I'd prefer to hear big boomy natural sounding drums as opposed to snappy and overly processed drums. Also, I think mistakes have a place in music, as nobody is perfect and sometimes it's nice to hear a blemish on a take!

Also, superior drummer doesn't even have a sample for a snare with the wires loosened off (like Intronaut's drummer likes to use often). This saddens me.


----------



## Force (Feb 21, 2015)

It's ironic really, years spent trying to make drum machines sound natural, all the while real drums are being made to sound like it's enemy.
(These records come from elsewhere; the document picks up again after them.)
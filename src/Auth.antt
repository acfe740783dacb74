-- ===== src/Auth.antt =====
-- internal/auth: roles, the login throttle, sessions, local accounts and the provider chain.
pub mod Role
pub mod Throttle
pub mod Session
pub mod Local
pub mod Chain
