-- ===== src/Auth/Role.antt =====
-- Roles and their order (internal/auth/auth.go), and the mapping of directory groups to roles that
-- the LDAP and OIDC providers make (internal/auth/ldap/ldap.go, internal/auth/oidc/oidc.go).
-- A role is a string in the source, so a value that is no known role can occur; it has rank 0.
-- `strings.EqualFold` is a parameter, and a Go map is listed in the order in which the loop meets
-- its keys, so what is proved holds for every order.
pub mod Mapping
mod Tests
use cairn_mdm.Prelude.{
  ℕ, String, Bool, true, false, ◌||◌, List, [], ◌∷◌, Option, none, some, string_eq, ◌==◌, leb,
  if◌then◌else◌,
}
use cairn_mdm.Prelude.Dict.{Dict}

abbrev pub Role : Type 0
Role = String

abbrev pub role_admin : Role
role_admin = "admin"

abbrev pub role_operator : Role
role_operator = "operator"

abbrev pub role_user : Role
role_user = "user"

-- `Role.Valid`
unfoldable pub valid : Role → Bool
valid r = r == role_admin || (r == role_operator || r == role_user)

unfoldable pub rank : Role → ℕ
rank r =
    if r == role_admin then 3 else if r == role_operator then 2 else if r == role_user then 1 else 0

-- `Role.AtLeast`
unfoldable pub at_least : Role → Role → Bool
unfolding rank
at_least r min = leb (rank min) (rank r)

pub record Identity : Type 0 where
  pub username : String
  pub display_name : String
  pub role : Role
  pub provider : String

module _ (equal_fold : String → String → Bool) where
  -- `lookupDN` and `lookupGroup`
  unfoldable pub lookup_group : Dict String → String → Option String
  lookup_group [] group = none
  lookup_group ((k, v) ∷ m) group = if equal_fold k group then some v else lookup_group m group

  -- one round of the loop of `mapRole`
  unfoldable pub raise : Dict String → Role → String → Role
  raise m role group = elim (lookup_group m group) [
    | none ↦ role
    | some r ↦ if valid r then (if at_least r role then r else role) else role
  ]

  unfoldable pub raise_all : Dict String → Role → List String → Role
  raise_all m role [] = role
  raise_all m role (g ∷ groups) = raise_all m (raise m role g) groups

  -- `mapRole` of the LDAP provider: the configured default is taken as it is
  unfoldable pub map_role_ldap : Dict String → Role → List String → Role
  unfolding raise_all raise lookup_group at_least valid
  map_role_ldap group_roles default_role member_of = raise_all group_roles default_role member_of

  -- `mapRole` of the OIDC provider: a default that is no role counts as "user"
  unfoldable pub map_role_oidc : Dict String → Role → List String → Role
  unfolding raise_all raise lookup_group at_least valid
  map_role_oidc group_roles default_role groups =
      raise_all group_roles (if valid default_role then default_role else role_user) groups
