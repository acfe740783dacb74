-- ===== src/Auth/Chain.antt =====
-- The chain of credential verifiers (internal/auth/chain.go). A provider is a call on a state that
-- it may change, such as the tables of the local accounts.
mod Order
mod Tests
use cairn_mdm.Prelude.{String, Bool, true, false, List, [], ◌∷◌, Option, none, some}
use cairn_mdm.Sql.{Sql, Result, ok, err, Error, invalid_credentials, pure, fail, catch}
use cairn_mdm.Auth.Role.{Identity}

-- `Authenticator`
abbrev pub Authenticator : Type 0 → Type 0
Authenticator S = String → String → Sql S Identity

-- the error of a chain: whether a provider rejected, and the last operational error
abbrev pub refusal : Bool → Option Error → Error
refusal true last_error = invalid_credentials
refusal false none = invalid_credentials
refusal false (some e) = e

module _ {S : Type 0} where
  -- one round of the loop: return, or go on with what is known of the failures
  abbrev pub after_provider :
      (Bool → Option Error → Sql S Identity)
      → Bool
      → Option Error
      → Result Identity
      → Sql S Identity
  after_provider rest saw_reject last_error (ok id) = pure id
  after_provider rest saw_reject last_error (err invalid_credentials) = rest true last_error
  after_provider rest saw_reject last_error (err e) = rest saw_reject (some e)

  abbrev pub try_all :
      List (Authenticator S) → String → String → Bool → Option Error → Sql S Identity
  try_all [] username password saw_reject last_error = fail (refusal saw_reject last_error)
  try_all (p ∷ ps) username password saw_reject last_error =
      catch (p username password)
        (after_provider (try_all ps username password) saw_reject last_error)

  -- `Chain.Authenticate`
  unfoldable pub authenticate : List (Authenticator S) → String → String → Sql S Identity
  authenticate chain username password = try_all chain username password false none
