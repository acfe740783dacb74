-- ===== src/Auth/Chain/Order.antt =====
-- Who can let a login in, and that nobody before can keep it out.
use cairn_mdm.Prelude.{
  String, Bool, true, false, List, [], ◌∷◌, ◌++◌, Option, none, some, ◌≡◌, refl, ◌∙◌, inl, inr, All,
  ap,
}
use cairn_mdm.Sql.{
  Conn, Sql, Result, Result-cases, ok, err, Error, invalid_credentials, driver, no_rows, constraint,
  grant_invalid, no_session, setting_not_found, key_not_found, message, pure, fail, catch,
}
use cairn_mdm.Auth.Role.{Identity}
use cairn_mdm.Auth.Chain.{Authenticator, after_provider, try_all, authenticate}

module _ {S : Type 0} (username password : String) where
  -- The provider lets nobody in with these credentials, whatever the state is.
  abbrev pub Fails : Authenticator S → Type 0
  Fails p = (c : Conn S) → (e : Error) × ((p username password c).0 ≡ err e)

  -- the state that the providers leave
  abbrev pub left_by : List (Authenticator S) → Conn S → Conn S
  left_by [] c = c
  left_by (p ∷ ps) c = left_by ps (p username password c).1

  -- Each provider refuses, in the state that those before it leave.
  abbrev pub AllRefuse : List (Authenticator S) → Conn S → Type 0
  AllRefuse [] c = Unit
  AllRefuse (p ∷ ps) c =
      ((e : Error) × ((p username password c).0 ≡ err e)) × AllRefuse ps (p username password c).1

  -- whatever the error is, the rest of the chain is asked
  after_provider-continues :
      (f : Bool → Option Error → Sql S Identity) (saw : Bool) (last : Option Error) (e : Error)
      → (s : Bool) × (l : Option Error) × (after_provider f saw last (err e) ≡ f s l)
  after_provider-continues f saw last invalid_credentials = (true, last, refl)
  after_provider-continues f saw last driver = (saw, some driver, refl)
  after_provider-continues f saw last no_rows = (saw, some no_rows, refl)
  after_provider-continues f saw last constraint = (saw, some constraint, refl)
  after_provider-continues f saw last grant_invalid = (saw, some grant_invalid, refl)
  after_provider-continues f saw last no_session = (saw, some no_session, refl)
  after_provider-continues f saw last setting_not_found = (saw, some setting_not_found, refl)
  after_provider-continues f saw last key_not_found = (saw, some key_not_found, refl)
  after_provider-continues f saw last (message m) = (saw, some (message m), refl)

  try_all-admits :
      (ps qs : List (Authenticator S)) (p : Authenticator S) (id : Identity) (c : Conn S)
      (saw : Bool) (last : Option Error)
      → All Fails ps
      → (p username password (left_by ps c)).0 ≡ ok id
      → (try_all (ps ++ p ∷ qs) username password saw last c).0 ≡ ok id
  unfolding pure fail catch
  try_all-admits [] qs p id c saw last fs h = rw h refl
  try_all-admits (q ∷ ps) qs p id c saw last (f, fs) h =
      let (e, failed) = f c in
      let (s, l, goes_on) =
        after_provider-continues (try_all (ps ++ p ∷ qs) username password) saw last e in
      rw (failed, goes_on) (try_all-admits ps qs p id _ s l fs h)

  -- Whatever the providers before it do to the state: if these let nobody in with the credentials,
  -- and a provider accepts them in the state that is left, then the chain lets the same identity
  -- in, whatever providers follow.
  pub authenticate-break_glass :
      (ps qs : List (Authenticator S)) (p : Authenticator S) (id : Identity) (c : Conn S)
      → All Fails ps
      → (p username password (left_by ps c)).0 ≡ ok id
      → (authenticate (ps ++ p ∷ qs) username password c).0 ≡ ok id
  unfolding authenticate
  authenticate-break_glass ps qs p id c fails accepts =
      try_all-admits ps qs p id c false none fails accepts

  -- A provider of the list lets the identity in, in the state that those before it leave, which all
  -- refuse; and what it leaves is what `after` leaves.
  pub record IsAdmitted (ps : List (Authenticator S)) (id : Identity) (c : Conn S)
      (after : Result Identity × Conn S) : Type 0 where
    pub before : List (Authenticator S)
    pub provider : Authenticator S
    pub rest : List (Authenticator S)
    pub split : ps ≡ before ++ provider ∷ rest
    pub refused : AllRefuse before c
    pub accepted : (provider username password (left_by before c)).0 ≡ ok id
    pub left : after.1 ≡ (provider username password (left_by before c)).1

  try_all-IsAdmitted :
      (ps : List (Authenticator S)) (id : Identity) (saw : Bool) (last : Option Error) (c : Conn S)
      → (try_all ps username password saw last c).0 ≡ ok id
      → IsAdmitted ps id c (try_all ps username password saw last c)
  unfolding pure fail catch
  try_all-IsAdmitted [] id saw last c h = cc
  try_all-IsAdmitted (p ∷ ps) id saw last c h = elim (Result-cases (p username password c).0) [
    | inl (i, said) ↦ record {
      before = [];
      provider = p;
      rest = ps;
      split = refl;
      refused = tt;
      accepted = said ∙ rw said at h;
      left = rw said refl;
    }
    | inr (e, said) ↦
        let (s, l, goes_on) = after_provider-continues (try_all ps username password) saw last e in
        let next =
          try_all-IsAdmitted ps id s l (p username password c).1 (rw (said, goes_on) at h) in
        record {
          before = p ∷ next.before;
          provider = next.provider;
          rest = next.rest;
          split = ap (λ xs. p ∷ xs) next.split;
          refused = ((e, said), next.refused);
          accepted = next.accepted;
          left = rw (said, goes_on) next.left;
        }
  ]

  -- A chain that lets an identity in has asked its providers in their order: those before some
  -- provider have all refused, each in the state that the ones before it left, and that provider lets
  -- the identity in, for the same name and password, in the state that these left. No later provider
  -- is asked: the state is the one that this provider leaves.
  pub authenticate-IsAdmitted :
      (ps : List (Authenticator S)) (id : Identity) (c : Conn S)
      → (authenticate ps username password c).0 ≡ ok id
      → IsAdmitted ps id c (authenticate ps username password c)
  unfolding authenticate
  authenticate-IsAdmitted ps id c h = try_all-IsAdmitted ps id false none c h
I don't care either way, i make my judgement on each production, fake or real.


----------



## Esp Griffyn (Feb 21, 2015)

Good topic, I'm looking forward to the trend swinging round to natural sounding drums again. The robotic, quantized sound really does nothing for me. I understand it's easier to mix, but when you replace everything with individual samples and quantize it all into place, you remove the human element. I want to hear a performance from a drummer, let's have some dynamics back, and natural sounding drum kits that can breathe a bit.


----------



## mongey (Feb 21, 2015)

Seybsnilksz said:


> The best drums I've ever heard is on "Dead End Kings" and "The Great Cold Distance" by Katatonia. Good examples are "Dead Letters" or "Consternation" by those guys. In an interview with the guy who mixed the records he said that he doesn't like to use samples for drums, although the kick drum sounds very similar on their three latest records. No problem though, since it's my favourite kick ever. So meaty! And I guess you can get pretty close if you have the same mic, drum, drum head, and mixing.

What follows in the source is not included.